Flags: is a map of flags.
The semantics of these two fields are:
aligned(S) class FullBox(unsigned int(32) boxtype, unsigned int(8) v, bit(24)f) extends
Box(boxtype) { unsigned int(8) version = v; bit(24) flags =f;
Many objects also contain a version number and flags field:
It suggested to ignore any boxes with an unrecognized type and is not to be considered for the normal
processing of the video.
Box Order
In order to improve interoperability and utility of the files, the ISO base format specifications requires
following of the following rules and guidelines for the order of boxes:
1. The file type box 'ftyp' shall occur before any variable-length box (e.g. movie, free space, mediadata).
Only a fixed-size box such as a file signature, if required, may precede it.
2. It is strongly recommended that all header boxes be placed first in their container: these boxes are the
Movie Header, Track Header, Media Header, and the specific media headers inside the Media
Information Box (e.g. the Video Media Header).

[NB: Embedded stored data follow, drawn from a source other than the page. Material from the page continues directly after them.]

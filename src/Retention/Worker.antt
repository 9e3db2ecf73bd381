-- ===== src/Retention/Worker.antt =====
-- internal/retention/worker.go: one pass over the classes of data, each pruned by its own store.
--
-- The stores, the clock and the end of the pass's context are arguments, each asked once for a
-- class; the workers that prune for themselves are all there. The totals that the worker keeps are
-- with the prunes that it made, in order.
pub mod Complete
mod Examples
use panmail.Retention.{Policy, cutoff, duration, Settings, resolve}
use panmail.Base.Int.{ℤ, ltb_ℤ, pos}
use panmail.Base.{[], if◌then◌else◌, none, some, true, ◌∷◌, Bool, ℕ, List, Option, ◌+◌, ◌&&◌, ◌++◌}

pub data Class : Type 0 where
  events messages archives app_logs inbound : Class
  inbound_receipts quarantine minute_series analytics_series resource_history : Class

-- Which of the stores the worker was given.
pub record Deps : Type 0 where
  pub has_events : Bool
  pub has_telemetry : Bool
  pub has_analytics : Bool
  pub has_logs : Bool
  pub has_inbound : Bool
  pub has_receipts : Bool
  pub has_quarantine : Bool
  -- The review queue whose held messages expire.
  pub has_reviews : Bool

pub record Job : Type 0 where
  pub class : Class
  pub days : ℤ

abbrev pub minute_series_limit : ℤ
minute_series_limit = pos 30

abbrev pub resource_history_days : ℤ
resource_history_days = pos 7

abbrev pub inbound_receipt_days : ℤ
inbound_receipt_days = pos 7

unfoldable pub minute_series_days : Policy → ℤ
minute_series_days p =
    if ltb_ℤ (pos 0) p.analytics_days && ltb_ℤ p.analytics_days minute_series_limit
    then p.analytics_days
    else minute_series_limit

abbrev pub job : Class → ℤ → Job
job class days = record { class = class; days = days }

abbrev pub if_given {ℓ} : {A : Type ℓ} → Bool → List A → List A
if_given b xs = if b then xs else []

unfoldable pub event_jobs : Deps → Policy → List Job
event_jobs d p =
    job events p.event_days
      ∷ job messages p.message_days
      ∷ job archives p.archive_days
      ∷ if_given d.has_telemetry (
          job minute_series (minute_series_days p)
          ∷ job resource_history resource_history_days
          ∷ [])
    ++ if_given d.has_analytics (job analytics_series p.analytics_days ∷ [])

unfoldable pub jobs : Deps → Policy → List Job
jobs d p =
    if_given d.has_events (event_jobs d p)
    ++ if_given d.has_logs (job app_logs p.app_log_days ∷ [])
    ++ if_given d.has_inbound (job inbound p.inbound_days ∷ [])
    ++ if_given d.has_receipts (job inbound_receipts inbound_receipt_days ∷ [])
    ++ if_given d.has_quarantine (job quarantine p.quarantine_days ∷ [])

-- What a prune answers: how much it removed, and whether it failed, maybe half-way.
pub record Pruned : Type 0 where
  pub removed : ℕ
  pub failed : Bool

-- The retentions pushed to the workers that prune for themselves.
pub record Pushed : Type 0 where
  pub outbox : ℤ
  pub webhooks : ℤ
  pub quarantined : ℤ

unfoldable pub push_to_workers : Policy → Pushed
push_to_workers p = record {
  outbox = duration p.outbox_days;
  webhooks = duration p.webhook_days;
  quarantined = duration p.quarantine_days;
}

module _ {ℓ} {Time : Type ℓ} (add_days : Time → ℤ → Time) (zero_time : Time) where
  pub record Totals : Type ℓ where
    pub removed : ℕ
    pub failures : ℕ
    pub prunes : List (Class × Time)
    pub pushed : Option Pushed
    pub expired : Bool
    pub completed : Bool

  -- What the worker meets in a pass.
  pub record Pass : Type ℓ where
    pub clock : Class → Time
    pub stopped : Class → Bool
    pub prune : Class → Time → Pruned

  unfoldable pub run_before : Pass → Job → Time → Totals → Totals
  run_before k j before t = record t {
    removed = t.removed + (k.prune j.class before).removed;
    failures = t.failures + (if (k.prune j.class before).failed then 1 else 0);
    prunes = t.prunes ++ (j.class, before) ∷ [];
  }

  unfoldable pub run : Pass → Job → Totals → Totals
  run k j t =
      let (before, due) = cutoff add_days zero_time j.days (k.clock j.class) in
      if due then run_before k j before t else t

  -- The loop over the jobs, which the end of the context cuts short.
  unfoldable pub run_jobs : Pass → List Job → Totals → Totals
  run_jobs k [] t = record t { completed = true }
  run_jobs k (j ∷ js) t =
      let after = run_jobs k js (run k j t) in if k.stopped j.class then t else after

  -- `RunOnce` on the settings as they were read, if they could be.
  unfoldable pub run_once : Pass → Deps → Option (Option Settings) → Totals → Totals
  run_once k d none t = t
  run_once k d (some settings) t =
      let p = resolve settings in
      run_jobs k (jobs d p)
        (record t { pushed = some (push_to_workers p); expired = d.has_reviews })
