-- ===== src/Retention/Worker/Complete.antt =====
-- A pass prunes every class that is due, whatever becomes of the others.
use panmail.Retention.{Policy, cutoff, Settings, clamp_days, resolve}
use panmail.Retention.Worker.{
  Class, Pass, run_jobs, Pruned, run, Job, Totals, run_before, cutoff, run_once, Deps, jobs,
  event_jobs, minute_series_days, events, messages, archives, minute_series, resource_history,
  analytics_series, app_logs, inbound, inbound_receipts, quarantine, push_to_workers,
}
use panmail.Base.Int.{ℤ, leb_ℤ, pos, ◌-ℤ◌, min_ℤ}
use panmail.Base.{
  [], false, if◌then◌else◌, refl, true, ◌∷◌, List, ℕ, ◌+◌, ◌≡◌, sym, ◌++◌, inl, inr, none, some,
  arith, Bool-cases, Option, ◌∙◌, ap, subst, Option-cases, ◌&&◌,
}
use mathlib.Core.List.{append-nil, append_assoc}

-- Every class, each once.
abbrev pub classes : List Class
classes =
    events ∷ messages ∷ archives ∷ minute_series ∷ resource_history ∷ analytics_series ∷ app_logs
    ∷ inbound ∷ inbound_receipts ∷ quarantine ∷ []

-- The minutes are kept as long as the analytics are, and no longer than a month.
unfoldable pub minute_days : Policy → ℤ
minute_days p = if leb_ℤ p.analytics_days (pos 0) then pos 30 else min_ℤ p.analytics_days (pos 30)

-- How long the data of a class is kept, where the deployment has it: the telemetry hangs on the
-- store of the events.
abbrev pub kept_days : Deps → Policy → Class → Option ℤ
kept_days d p events = if d.has_events then some p.event_days else none
kept_days d p messages = if d.has_events then some p.message_days else none
kept_days d p archives = if d.has_events then some p.archive_days else none
kept_days d p minute_series = if d.has_events && d.has_telemetry then some (minute_days p) else none
kept_days d p resource_history = if d.has_events && d.has_telemetry then some (pos 7) else none
kept_days d p analytics_series =
    if d.has_events && d.has_analytics then some p.analytics_days else none
kept_days d p app_logs = if d.has_logs then some p.app_log_days else none
kept_days d p inbound = if d.has_inbound then some p.inbound_days else none
kept_days d p inbound_receipts = if d.has_receipts then some (pos 7) else none
kept_days d p quarantine = if d.has_quarantine then some p.quarantine_days else none

unfoldable pub owed_jobs : (Class → Option ℤ) → List Class → List Job
owed_jobs days_of [] = []
owed_jobs days_of (c ∷ cs) =
    let rest = owed_jobs days_of cs in
    elim (days_of c) [ none ↦ rest | some days ↦ record { class = c; days = days } ∷ rest ]

clamp_days-min : (days : ℤ) → leb_ℤ days (pos 0) ≡ false → clamp_days days ≡ min_ℤ days (pos 3650)
unfolding clamp_days min_ℤ
clamp_days-min days h = ground arith

minute_series_days-min : (p : Policy) → minute_series_days p ≡ minute_days p
unfolding minute_series_days minute_days min_ℤ
minute_series_days-min p = ground arith

jobs-owed : (d : Deps) (p : Policy) → jobs d p ≡ owed_jobs (kept_days d p) classes
unfolding jobs owed_jobs event_jobs
jobs-owed d p = ground (arith, minute_series_days-min p)

module _ {ℓ} {Time : Type ℓ} (add_days : Time → ℤ → Time) (zero_time : Time) where
  -- The prunes of the jobs that a pass runs.
  unfoldable job_prunes : (Class → Time) → List Job → List (Class × Time)
  job_prunes clock [] = []
  job_prunes clock (j ∷ js) =
      let (before, due) = cutoff add_days zero_time j.days (clock j.class) in
      let rest = job_prunes clock js in if due then (j.class, before) ∷ rest else rest

  -- The prunes of a table of retentions: of each class that has one above zero, of what is older
  -- than so many days, or than ten years.
  unfoldable pub due_prunes : (Class → Time) → (Class → Option ℤ) → List Class → List (Class × Time)
  due_prunes clock days_of [] = []
  due_prunes clock days_of (c ∷ cs) =
      let rest = due_prunes clock days_of cs in
      elim (days_of c) [
        | none ↦ rest
        | some days ↦
            if leb_ℤ days (pos 0)
            then rest
            else (c, add_days (clock c) (pos 0 -ℤ min_ℤ days (pos 3650))) ∷ rest
      ]

  days_prunes :
      (clock : Class → Time) (c : Class) (days : ℤ) (rest jobs : List (Class × Time))
      → jobs ≡ rest
      → (let (before, due) = cutoff add_days zero_time days (clock c) in
          if due then (c, before) ∷ jobs else jobs)
        ≡ (if leb_ℤ days (pos 0)
            then rest
            else (c, add_days (clock c) (pos 0 -ℤ min_ℤ days (pos 3650))) ∷ rest)
  unfolding cutoff
  days_prunes clock c days rest jobs same = elim (Bool-cases (leb_ℤ days (pos 0))) [
    | inl e ↦ rw (e, same) refl
    | inr e ↦ rw (e, same, clamp_days-min days e) refl
  ]

  job_prunes-owed :
      (clock : Class → Time) (days_of : Class → Option ℤ) (cs : List Class)
      → job_prunes clock (owed_jobs days_of cs) ≡ due_prunes clock days_of cs
  unfolding job_prunes due_prunes owed_jobs
  job_prunes-owed clock days_of [] = refl
  job_prunes-owed clock days_of (c ∷ cs) = elim (Option-cases (days_of c)) [
    | inl e ↦ rw (e, owed_jobs, due_prunes) (job_prunes-owed clock days_of cs)
    | inr (days, e) ↦
        rw (e, owed_jobs, due_prunes)
          (days_prunes clock c days (due_prunes clock days_of cs)
            (job_prunes clock (owed_jobs days_of cs)) (job_prunes-owed clock days_of cs))
  ]

  unfoldable pub all_removed : (Class → Time → Pruned) → List (Class × Time) → ℕ
  all_removed prune [] = 0
  all_removed prune ((c, before) ∷ rest) = (prune c before).removed + all_removed prune rest

  unfoldable pub all_failed : (Class → Time → Pruned) → List (Class × Time) → ℕ
  all_failed prune [] = 0
  all_failed prune ((c, before) ∷ rest) =
      (if (prune c before).failed then 1 else 0) + all_failed prune rest

  -- What the totals say after some prunes.
  pub record IsAfter (k : Pass add_days zero_time) (done : List (Class × Time))
      (t after : Totals add_days zero_time) : Type ℓ where
    pub prunes : after.prunes ≡ t.prunes ++ done
    pub removed : after.removed ≡ t.removed + all_removed k.prune done
    pub failures : after.failures ≡ t.failures + all_failed k.prune done
    pub completed : after.completed ≡ true

  run_jobs-IsAfter :
      (k : Pass add_days zero_time) (js : List Job) (t : Totals add_days zero_time)
      → ((c : Class) → k.stopped c ≡ false)
      → IsAfter k (job_prunes k.clock js) t (run_jobs add_days zero_time k js t)
  unfolding cutoff run_jobs run run_before job_prunes all_removed all_failed
  run_jobs-IsAfter k [] t free = record {
    prunes = sym (append-nil t.prunes);
    removed = omega arith;
    failures = omega arith;
    completed = refl;
  }
  run_jobs-IsAfter k (j ∷ js) t free = elim (Bool-cases (leb_ℤ j.days (pos 0))) [
    | inl e ↦ let after = run_jobs-IsAfter k js t free in rw (free j.class, e) after
    | inr e ↦
        let before = add_days (k.clock j.class) (pos 0 -ℤ clamp_days j.days) in
        let after = run_jobs-IsAfter k js (run_before add_days zero_time k j before t) free in
        rw (free j.class, e)
          (record {
            prunes =
                after.prunes
                ∙ append_assoc t.prunes ((j.class, before) ∷ []) (job_prunes k.clock js);
            removed = omega (arith, after.removed);
            failures = omega (arith, after.failures);
            completed = after.completed;
          })
  ]

  -- A pass that is not cut short prunes every class that the deployment has and that its policy
  -- does not keep forever, once each, of what is older than its own retention in days, or than 3650
  -- days; whichever of the prunes fail; what the failed ones
  -- removed before failing is counted too, and each failure. It prunes nothing if the settings
  -- cannot be read.
  pub run_once-IsAfter :
      (k : Pass add_days zero_time) (d : Deps) (settings : Option Settings)
      (t : Totals add_days zero_time)
      → ((c : Class) → k.stopped c ≡ false)
      → IsAfter k
          (due_prunes k.clock (kept_days d (resolve settings)) classes)
          t
          (run_once add_days zero_time k d (some settings) t)
        × (run_once add_days zero_time k d none t ≡ t)
  unfolding run_once
  run_once-IsAfter k d settings t free =
      let p = resolve settings in
      let started = record t { pushed = some (push_to_workers p); expired = d.has_reviews } in
      let same =
        ap (job_prunes k.clock) (jobs-owed d p) ∙ job_prunes-owed k.clock (kept_days d p) classes in
      let after =
        subst (λ ps. IsAfter k ps started (run_jobs add_days zero_time k (jobs d p) started)) same
          (run_jobs-IsAfter k (jobs d p) started free) in
      (
        record {
          prunes = after.prunes;
          removed = after.removed;
          failures = after.failures;
          completed = after.completed;
        },
        refl,
      )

3. Any Movie Fragment Boxes shall be in sequence order
4. It is recommended that the boxes within the Sample Table Box be in the following order: Sample
Description, Time to Sample, Sample to Chunk, Sample Size, Chunk Offset.
5. It is strongly recommended that the Track Reference Box and Edit List (if any) should precede the
Media Box, and the Handler Reference Box should precede the Media Information Box, and the Data
Information Box should precede the Sample Table Box.
6. It is recommended that user Data Boxes be placed last in their container, which is either the Movie
Box or Track Box.
7. It is recommended that the Movie Fragment Random Access Box, if present, be last in the file.
8. It is recommended that the progressive download information box be placed as early as possible in
files, for maximum utility.
The table shows those boxes that may occur at the top-level in the left-most column; indentation is used
to show possible containment. Thus, for example, a Track Header Box (tkhd) is found in a Track Box
(trak), which is found in a Movie Box (moov). Not all boxes are required to be present in all the files; the
mandatory boxes are marked with an asterisk (*), these mandatory boxes provide the minimal information
necessary for the normal processing and rendering of the file.
User data objects shall be placed only in Movie or Track Boxes, and objects using an extended type may
be placed in a wide variety of containers, not just the top level.